O caso de Denísio Marcelo Caron merece um esclarecimento. Segundo divulgado pela imprensa, ele era médico, mas usava diploma falso de especialização em cirurgia plástica. Teve o registro profissional cassado e é acusado de ter provocado a morte de cinco mulheres, além da deformação física de outras 35. O que levaria um médico a arriscar a vida de pacientes em procedimentos para os quais não estava habilitado? E, no caso dos especialistas, o que os levaria a, por exemplo, realizar cirurgias que terminam transformando rostos em máscaras, como aconteceu com Michael Jackson? Será que tudo se resume a dinheiro?

O Correio Braziliense de 12 de julho trouxe a notícia de que adolescentes entre 13 e 18 anos, insatisfeitos com a aparência, respondem por 13% das cirurgias plásticas anuais realizadas no país. Pesquisas demonstram que, em 45% dos casos, as pessoas se queixam do nariz. As demais reclamações estão relacionadas a outras partes do rosto, às mamas, ao bumbum, à barriga e por aí afora. Especialistas atribuem a procura às novas técnicas, à redução dos preços, às transformações psicológicas e físicas típicas de uma fase de transição, e à influência da mídia, que nos bombardeia com imagens de pessoas fisicamente lindas, esculpidas nas academias e nos centros cirúrgicos.

É natural querer parecer mais jovem e bonito. Mas a coisa anda tão fora de controle que faz da indústria da beleza uma das que mais crescem, mesmo em um país como o nosso, ainda tão carente do básico. Há pessoas que já se modificaram tanto que não seriam reconhecidas nem pela própria mãe, que parecem saídas da ficção científica. De tão obcecadas, copiam, inventam, topam tudo e terminam se tornando presas fáceis de profissionais inescrupulosos, de gente que promete milagres. As que não morrem acabam mutiladas. O problema está no exagero, na preocupação patológica com a aparência.

A isso damos o nome de Dismorfofobia ou Transtorno Dismórfico Corporal (TDC), doença que afeta cerca de 1% da população. Adultos e adolescentes que nunca estão satisfeitos com o próprio corpo malham sem parar ou se submetem a cirurgias sucessivas para resolver um problema às vezes mínimo. Passam fomem ou vomitam o que comem; fazem uso de anabolizantes, diuréticos, laxantes, anfetaminas; espremem-se em espartilhos; extraem costelas para afinar a cintura; vivem se olhando no espelho ou evitam a própria imagem; isolam-se socialmente e correm um enorme risco de morte, inclusive por suicídio.

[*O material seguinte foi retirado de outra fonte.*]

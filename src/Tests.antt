-- ===== src/Tests.antt =====
-- Runs of the definitions, and each theorem at a concrete input.
mod Samples
mod TxRuns
mod MempoolRuns
mod BlockRuns
mod BranchRuns
mod StoreRuns
mod CacheRuns
mod ChainRuns
mod SelectRuns
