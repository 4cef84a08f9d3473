-- ===== src/Tests/Samples.antt =====
-- A transaction with a full ring, a coinbase, and stand-ins for the cryptography.
use blocknet_core.Prelude.{
  ℕ, zero, suc, ◌<◌, refl, [], ◌∷◌, ◌++◌, IsByte, IsArray, true, false, some, arith, replicate,
  length-replicate, All, All-append,
}
use blocknet_core.Tx.{TxOutput, TxInput, Transaction, IsOutput, IsInput, IsTx}
use blocknet_core.Tx.Crypto.{Crypto}
use blocknet_core.Mempool.{Env, Config}

-- Every check passes; a hash is the start of what is hashed, and a sum is its first part.
abbrev pub toy_crypto : Crypto
toy_crypto = record {
  sha3_256 = λ bs. bs;
  ringct_verify = λ keys commitments n message sig. true;
  range_proof_verify = λ commitment proof. true;
  commitment_add = λ a b. some a;
  commitment_sub = λ a b. some a;
  commitment_is_zero = λ c. true;
  fee_commitment = λ fee. some [];
}

abbrev pub toy_env : Env
toy_env = record {
  crypto = toy_crypto;
  is_spent = λ k. false;
  checker = some (λ member commitment. true);
}

abbrev pub toy_config : Config
toy_config = record { max_size = 2; max_size_bytes = 10000; min_fee_rate = 1; expiration = 100 }

abbrev pub sample_output : TxOutput
sample_output = record {
  commitment = replicate 32 4;
  public_key = replicate 32 5;
  range_proof = 1 ∷ 2 ∷ 3 ∷ [];
  encrypted_amount = replicate 8 6;
  encrypted_memo = replicate 128 8;
}

abbrev pub sample_input : TxInput
sample_input = record {
  key_image = replicate 32 7;
  ring_members = replicate 16 (replicate 32 1);
  ring_commitments = replicate 16 (replicate 32 2);
  pseudo_output = replicate 32 3;
  ring_signature = replicate 1056 9 ++ (replicate 32 7 ++ replicate 32 3);
}

abbrev pub sample_tx : Transaction
sample_tx = record {
  version = 1;
  inputs = sample_input ∷ [];
  outputs = sample_output ∷ [];
  fee = 5000;
  tx_public_key = replicate 32 10;
}

abbrev pub sample_coinbase : Transaction
sample_coinbase = record sample_tx { inputs = []; fee = 0 }

replicate-All {ℓ κ} : {A : Type ℓ} (P : A → Type κ) (n : ℕ) (a : A) → P a → All P (replicate n a)
replicate-All P zero a h = tt
replicate-All P (suc n) a h = (h, replicate-All P n a h)

pub replicate-IsArray : (n b : ℕ) → b < 256 → IsArray n (replicate n b)
replicate-IsArray n b h = record { size = length-replicate n b; bytes = replicate-All IsByte n b h }

pub sample_output-IsOutput : IsOutput sample_output
sample_output-IsOutput = record {
  commitment = replicate-IsArray 32 4 (omega arith);
  public_key = replicate-IsArray 32 5 (omega arith);
  encrypted_amount = replicate-IsArray 8 6 (omega arith);
  encrypted_memo = replicate-IsArray 128 8 (omega arith);
  proof_bytes = omega arith;
  proof_size = omega arith;
}

sample_signature-All : All IsByte sample_input.ring_signature
sample_signature-All =
    All-append IsByte (replicate 1056 9) (replicate 32 7 ++ replicate 32 3)
      (replicate-All IsByte 1056 9 (omega arith))
      (All-append IsByte (replicate 32 7) (replicate 32 3) (replicate-All IsByte 32 7 (omega arith))
        (replicate-All IsByte 32 3 (omega arith)))

pub sample_input-IsInput : IsInput sample_input
sample_input-IsInput = record {
  key_image = replicate-IsArray 32 7 (omega arith);
  pseudo_output = replicate-IsArray 32 3 (omega arith);
  members = replicate-All (IsArray 32) 16 (replicate 32 1) (replicate-IsArray 32 1 (omega arith));
  commitments =
      replicate-All (IsArray 32) 16 (replicate 32 2) (replicate-IsArray 32 2 (omega arith));
  same_size = refl;
  ring_bound = omega arith;
  sig_bytes = sample_signature-All;
  sig_size = omega arith;
}

pub sample_tx-IsTx : IsTx sample_tx
sample_tx-IsTx = record {
  version = omega arith;
  tx_public_key = replicate-IsArray 32 10 (omega arith);
  fee = omega arith;
  inputs = (sample_input-IsInput, tt);
  outputs = (sample_output-IsOutput, tt);
  input_count = omega arith;
  output_count = omega arith;
}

Em geral, o distúrbio se manifesta na adolescência ou na primeira idade adulta, períodos em que a autoestima não está plenamente desenvolvida. Mas não é raro perto dos 40 anos, quando muitos entram em pânico por não aceitarem o envelhecimento, que é natural e acomete todos os que não morreram jovens. Há relatos de pessoas que se mataram para fugir às marcas do tempo, para serem lembradas como moças e belas. Tudo isso tem muito a ver com Michael Jackson, não? Muito a ver com muita gente.

Por que há pessoas que não se incomodam com essas coisas e há aquelas que sofrem terrivelmente com detalhes, eternamente descontentes, na perseguição de um ideal que nunca é alcançado? É óbvio que o problema não está no físico. Na música Be a lion, o Rei do Pop fala de ser um leão forte, dono de um rugido poderoso, que com nada se assusta, sem medo por dentro, sem necessidade de correr ou se esconder, o mais bravo de todos. E, embora o felino seja um animal fisicamente privilegiado, é às características psicológicas que a música se refere. Que atire a primeira pedra aquele que nunca desejou ser forte e belo, o rei da selva!

Então, se você conhece alguém que enveredou por esse caminho, oriente a procurar ajuda. Tragédias como a de Michael Jackson podem e devem ser usadas para despertar a atenção. O tratamento consiste em acompanhamento psiquiátrico, para a prescrição de remédios que são indispensáveis, e psicoterapia. A dismorfofobia é uma doença que não deve ser subestimada. Mas alguém corretamente orientado logo poderá voltar a ter uma vida normal, a ser um leão livre, deixando para trás essa prisão. Valeu, irmã! Até sábado, leitores!